Rachael Botsman has done much to categorise, systematise and popularise what has become known as collaborative consumption, however Rachael did not invent it. That credit goes to Michael Linton who created LETS—Local Exchange and Trading System—a means of cashless community trading that is still to be found in Australia. What’s less known is that Michael worked in Sydney during the 1990s, basing himself at Randwick Community Centre.
Collaborative consumption is a child of the collaborative web. It is booming now because of the ease of online communications which has spread it further than would have been possible in the days before we had effective online communications.
Even councils offer workshops to help people get started in collaborative consumption—Randwick City Council at their Barrett House community sustainability demonstration centre, and City of Sydney which, unfortunately for it, lacks such a venue.
Let’s include in this rather sudden blooming of community economic initiatives the trading-in-kind second-hand clothing and household items events.
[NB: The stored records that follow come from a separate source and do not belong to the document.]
-- ===== src/Alignment/Opposite.antt =====
-- No alignment is in two opposite directions.
use smrender.Base.{
  ◌≡◌, refl, Bool, true, false, ◌&&◌, Option, none, some, List, arith, if◌then◌else◌,
}
use smrender.Bstring.{Bytes}
use smrender.Params.{Fparam}
use smrender.Alignment.{
  Alignment, no_alignment, east, west, north, south, join, parse_alignment_str, horizontal,
  vertical, align_or, parse_alignment,
}

pub record IsSingle (a : Alignment) : Type 0 where
  pub upright : (a.pos_n && a.pos_s) ≡ false
  pub level : (a.pos_e && a.pos_w) ≡ false

if-IsSingle : (b : Bool) (x y : Alignment) → IsSingle x → IsSingle y → IsSingle (if b then x else y)
if-IsSingle true x y p q = p
if-IsSingle false x y p q = q

parse_alignment_str-IsSingle : (s : Bytes) → IsSingle (parse_alignment_str s)
unfolding parse_alignment_str
parse_alignment_str-IsSingle s =
    if-IsSingle _ east _ (record { upright = refl; level = refl })
      (if-IsSingle _ west _ (record { upright = refl; level = refl })
        (if-IsSingle _ north _ (record { upright = refl; level = refl })
          (if-IsSingle _ south _ (record { upright = refl; level = refl })
            (if-IsSingle _ (join east north) _ (record { upright = refl; level = refl })
              (if-IsSingle _ (join west north) _ (record { upright = refl; level = refl })
                (if-IsSingle _ (join east south) _ (record { upright = refl; level = refl })
                  (if-IsSingle _ (join west south) no_alignment
                    (record { upright = refl; level = refl })
                    (record { upright = refl; level = refl }))))))))

joined-IsSingle : (h v : Option Bytes) → IsSingle (join (horizontal h) (vertical v))
unfolding horizontal vertical
joined-IsSingle none none = record { upright = refl; level = refl }
joined-IsSingle none (some q) = record {
  upright = (parse_alignment_str-IsSingle q).upright;
  level = refl;
}
joined-IsSingle (some p) none =
    let h = (parse_alignment_str-IsSingle p).level in
    record { upright = refl; level = ground (arith, h) }
joined-IsSingle (some p) (some q) =
    let h = (parse_alignment_str-IsSingle p).level in
    record { upright = (parse_alignment_str-IsSingle q).upright; level = ground (arith, h) }

align_or-IsSingle :
    (a : Option Bytes) (rest : Alignment) → IsSingle rest → IsSingle (align_or a rest)
unfolding align_or
align_or-IsSingle none rest h = h
align_or-IsSingle (some p) rest h = parse_alignment_str-IsSingle p

module _ {D : Type 0} where
  -- Whatever the parameters align, halign and valign are, the alignment is never both north and south,
  -- nor both east and west.
  parse_alignment-IsSingle : (fp : List (Fparam D)) → IsSingle (parse_alignment fp)
  unfolding parse_alignment
  parse_alignment-IsSingle fp = align_or-IsSingle _ _ (joined-IsSingle _ _)
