-- ===== src/Lib.antt =====
-- Holler's server: join tokens, the lockout of addresses that fail to authenticate, the roster of
-- sessions, the registry of live connections, the connections themselves, the control socket of the
-- command line, the talk log, the debug output, and the wire protocol.
--
-- A client mints nothing itself: an operator mints a join token, the client redeems its secret once over
-- the wire (`join`) for a credential, and authenticates every later connection with it (`auth`). The
-- connection handler asks the lockout before it looks at a first frame and tells it of failures, asks the
-- token store to redeem or verify, puts the connection into the registry, and passes what the client
-- advertises to the roster. Commands of the operator resolve a session by the roster, or a name by the
-- registry, and wait in the registry for the client's answer; prompts and replies go to the talk log.
--
-- Files, by the part of the repository that they model:
--   Lockout, Lockout/*      src/wire/lockout.rs: LockoutTracker is a record, `is_locked_out` and
--                           `record_failure` are functions from a tracker to a tracker
--   Roster, Roster/*        src/wire/roster.rs: every operation of Roster; Steps has them as calls of a
--                           history
--   Token/Record, Open, Disk, Secret, Store, Hex
--                           src/token/mod.rs: the records, the file under its lock, hashes, the operations
--                           of TokenStore
--   Token/Records, History, Steps, Lifecycle, Circuit, Refusals
--                           proofs about them: what each request does to the list of records, and what
--                           holds over any sequence of requests
--   Token/Ttl, Message      src/token/mod.rs: parse_ttl; the texts of the errors
--   Proto, Proto/*          src/proto/mod.rs: envelopes, bodies, `encode`, `decode` and its classification
--                           of errors
--   Wire/Frames             src/wire/hello.rs: the frames that the server builds
--   Wire/Registry, Wire/Registry/*
--                           src/wire/registry.rs: Resolve has what a connection's task calls for an
--                           incoming frame, Waiting the calls that wait for an answer
--   Wire/Query, Wire/Query/*
--                           src/wire/query.rs: the answers to status, caps, support and protocol
--   Wire/Connection, Wire/Connection/*
--                           src/wire/connection.rs: Admission has the first frame with `join` and `auth`,
--                           Dispatch what a frame of an admitted client does, Session a connection from
--                           its start to its teardown; Calls, Cases, Gate, Deleted, Guesses, Isolation,
--                           Heartbeat, Presence, Teardown, Replies and Typed are proofs about them
--   Wire/Control, Wire/Control/*
--                           src/wire/control.rs: the requests of the command line as the server handles
--                           them, in Client the side that asks, and in Socket how the processes of a host
--                           take and leave the socket's file, and in Lines the loop over a connection's
--                           lines; Calm, Requests and Confirmed are proofs
--   System, System/*        src/wire/connection.rs, control.rs and mod.rs together: all tasks of a running
--                           server, and the requests to its store, as steps that come in any order; Task
--                           has the theorem that the model of one connection is made of these steps,
--                           Reconnect what a client meets that connects twice
--   Wire/Accept, Wire/Accept/*
--                           src/wire/mod.rs: the start of the server, the accept loop with its cap, and
--                           the sweep of the roster
--   Wire/TalkLog, Wire/TalkLog/*
--                           src/wire/talklog.rs: the log of prompts and replies, over a map of files
--   Debug, Debug/*          src/debug.rs: levels, the lines that are written, and in Redact the redaction;
--                           Scrubbed describes what the redaction is to make of a text
--   Advertise               src/advertise.rs: the address that is advertised, and its file
--   Command, Command/*      src/main.rs: the start of `serve` and the query commands; Tokens has the token
--                           and client commands, Table the tables, Answers the printing of queries'
--                           answers, Talk the commands `say`, `interrupt` and `answer`, and Deletion what a deletion does here and at a running server
--   Net, Text, Text/*       what these parts use of the standard library: addresses, texts, UTF-8, sorting
--   Prelude, Prelude/*      names passed on, Boolean tests, lists, keys and dictionaries
-- The files named Tests hold the concrete inputs at which the theorems are applied.
--
-- Numbers are natural numbers. Times are nanoseconds since a start that is
-- arbitrary in the lockout, the roster and the registry; clocks, random bytes and environment variables
-- are arguments. A mutex makes a call one step of a history. The calls of the registry that wait give the
-- lock back in between: what other tasks do there is an argument (World), as is what ends the wait. In the
-- same way a connection is given what other tasks do between two of its steps, and a request of the
-- command line what it meets. The calls that one frame makes are taken as made in a row.
-- System has the same as steps of all tasks together, from one point where a task waits to the next; there
-- a request of the command line is one step, in which no connection begins (IsCalm). What the other tasks
-- do between two steps of a connection is then a path of steps, from the state in which the connection
-- waits to one in which it still waits (Interlude).
-- Channels and waiters are numbers, and what is sent into them is a list of effects. Every loop is a
-- recursion on a list or a text, save that of `redact_hlr_tokens`, which continues after the match that it found: it runs on
-- fuel, one more than the characters of the text, and the theorem on it gives a result for every text.
--
-- Parameters: the crates hmac, sha2, time and serde_json, and the file system. Token/Record states as
-- IsLawful what the theorems on the store rely on: HMACs are bytes, times and records that were written
-- are read back, a time and a duration are added as numbers, and JSON can always be made and is never blank. Token/Tests/Sample has an instance.
-- Wire/TalkLog/Exchange has the same for the entries of a talk log. Proto/Encode states with IsWritten that
-- serde_json reads back the body and the text that it wrote. The calls of the operating system on the
-- control socket (Calls) succeed or fail with a text.
--
-- Not modelled: sockets with the WebSocket handshake, and the variants for systems without Unix sockets;
-- the parser of arguments, which a crate generates; the format of times and the making of ids. A path is
-- its directory and its last name. An exit status is the one that is seen on Unix. The order in which a
-- hash map is iterated is that of its association list, and no theorem tells which of several matches is
-- found first.
pub mod Prelude
pub mod Net
pub mod Text
pub mod Lockout
pub mod Token
pub mod Proto
pub mod Roster
pub mod Wire
pub mod System
pub mod Debug
pub mod Advertise
pub mod Command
And food swap ventures such as Melbourne and Adelaide’s Community Harvest (there’s a food swap in the Blue Mountains too), time share/time dollar schemes not unlike LETS in operation and initiatives like Permablitz, the mutual assistance home garden makeover scheme. There’s also the bulk buy schemes for household solar electric panels.

New economy

What makes both Michael Schuman’s call to further facilitate locally-owned small business and the web-enabled community trading systems newsworthy is the emergence of community trading systems in both Greece and Spain, two nations beset with overwhelming economic difficulty.
There, people forced out of the mainstream economy are inventing one of their own, a truly alternative economy.

Michael’s new book

Local Dollars, Local Sense
How to Shift Your Money from Wall Street to Main Street and Achieve Real Prosperity.